Where does that leave us? In my view, the Madisonian position is the best one. Which means that the parties have the hard and necessary job of constructing majorities for the various policy questions. By doing so, they give organized groups (and active citizens) something to support and something to oppose, and the plentiful opportunities for a veto give those groups an avenue for stopping or alleviating, or at least, in Robert Dahl’s wording, being “heard effectively at some stage in the process of decision.”

Destroy the parties altogether, or make party majorities meaningless and incoherent, and you’ll never get constructed majorities in the first place, because the majorities don’t exist outside of democratic party politics. On the other hand, make it too easy for the parties to enact those constructed majorities and too many people and groups can no longer be “heard effectively.” Especially if the parties themselves aren't sufficiently permeable.

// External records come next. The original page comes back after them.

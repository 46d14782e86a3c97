-- ===== src/Url/RoundTrip.antt =====
-- An escaped text reads back, and has none of the bytes that delimit the parts of a URL.
use osb_opengauss_go.Prelude.{
  ℕ, ◌+◌, ◌*◌, ◌/◌, ◌%◌, ◌<◌, ◌≡◌, ◌⊎◌, inl, inr, refl, sym, ap, ◌∙◌, Bool, true, false, Bool-cases,
  [], ◌∷◌, ◌++◌, Text, ◌==◌, All, arith,
}
use osb_opengauss_go.Url.{
  upper_hex, escape, hex_value, awaited_next, emit, unescape_from, unescape, cut_at,
}

pub hex_value-upper_hex : (d : ℕ) → d < 16 → hex_value (upper_hex d) ≡ d
unfolding hex_value upper_hex
hex_value-upper_hex d h = ground arith

-- the byte that two digits stand for
digits_value :
    (c : ℕ) → c < 256 → hex_value (upper_hex (c / 16)) * 16 + hex_value (upper_hex (c % 16)) ≡ c
digits_value c h =
    rw (hex_value-upper_hex (c / 16) (omega arith), hex_value-upper_hex (c % 16) (omega arith))
      (omega arith)

-- a kept byte is none that is not kept
kept_other : (keep : ℕ → Bool) (c x : ℕ) → keep c ≡ true → keep x ≡ false → (c == x) ≡ false
kept_other keep c x kept unkept = elim (Bool-cases (c == x)) [
  | inl same ↦ absurd (true≢false (sym kept ∙ ap keep (eq_sound c x same) ∙ unkept))
  | inr other ↦ other
]
  where
    eq_sound : (c x : ℕ) → (c == x) ≡ true → c ≡ x
    eq_sound c x h = ground arith

    true≢false : true ≡ false → ⊥
    true≢false h = cc

module _ (keep : ℕ → Bool) where
  -- A text of bytes reads back from its escape, when the percent sign is not kept.
  pub unescape-escape :
      (s : Text) → keep b'%' ≡ false → All (λ b. b < 256) s → unescape (escape keep s) ≡ s
  unfolding unescape escape unescape_from awaited_next emit
  unescape-escape [] percent bytes = refl
  unescape-escape (c ∷ s) percent (byte, bytes) = elim (Bool-cases (keep c)) [
    | inl kept ↦ rw (kept, kept_other keep c b'%' kept percent, unescape-escape s percent bytes)
    | inr escaped ↦ rw (escaped, unescape-escape s percent bytes, digits_value c byte)
  ]

-- a byte that is no percent sign and no hexadecimal digit
abbrev pub IsDelimiter : ℕ → Type 0
IsDelimiter x = ((37 < x) × (x < 48)) ⊎ ((57 < x) × (x < 65))

abbrev pub Absent : ℕ → Text → Type 0
Absent x s = All (λ c. (c == x) ≡ false) s

hex_other : (x d : ℕ) → IsDelimiter x → d < 16 → (upper_hex d == x) ≡ false
unfolding upper_hex
hex_other x d delimiter h = ground arith

percent_other : (x : ℕ) → IsDelimiter x → (b'%' == x) ≡ false
percent_other x delimiter = ground arith

-- A delimiter that is not kept does not occur in an escaped text.
pub escape-Absent :
    (keep : ℕ → Bool) (x : ℕ) (s : Text)
    → IsDelimiter x
    → keep x ≡ false
    → All (λ b. b < 256) s
    → Absent x (escape keep s)
unfolding escape
escape-Absent keep x [] delimiter unkept bytes = tt
escape-Absent keep x (c ∷ s) delimiter unkept (byte, bytes) = elim (Bool-cases (keep c)) [
  | inl kept ↦
      rw kept (kept_other keep c x kept unkept, escape-Absent keep x s delimiter unkept bytes)
  | inr escaped ↦ rw escaped (
    percent_other x delimiter,
    (
      hex_other x (c / 16) delimiter (omega arith),
      (hex_other x (c % 16) delimiter (omega arith), escape-Absent keep x s delimiter unkept bytes),
    ),
  )
]

-- The first occurrence of a byte that the text in front of it does not have.
pub cut_at-append : (x : ℕ) (s t : Text) → Absent x s → cut_at x (s ++ x ∷ t) ≡ (s, t)
unfolding cut_at
cut_at-append x [] t absent = ground arith
cut_at-append x (c ∷ s) t (other, absent) = rw (other, cut_at-append x s t absent)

If those majorities were real, that wouldn’t be a problem, because as long as one of the parties faithfully represented that majority, then the parties would be doing their job. But since the majorities don't precede the political system, it’s important that everyone have an opportunity to construct them. Even if, in the event, few do.

At any rate ... look, I do have a dog in this fight; I think what I call the Madisonian position is correct. But whether you agree with me, or agree with Fiorina (and you should definitely read his whole post) or disagree with both of us, what's critical to take away from this is that the idea of "majority" turns out to be quite complicated indeed. Especially if you support party majority rule, it's important to realize what exactly that is.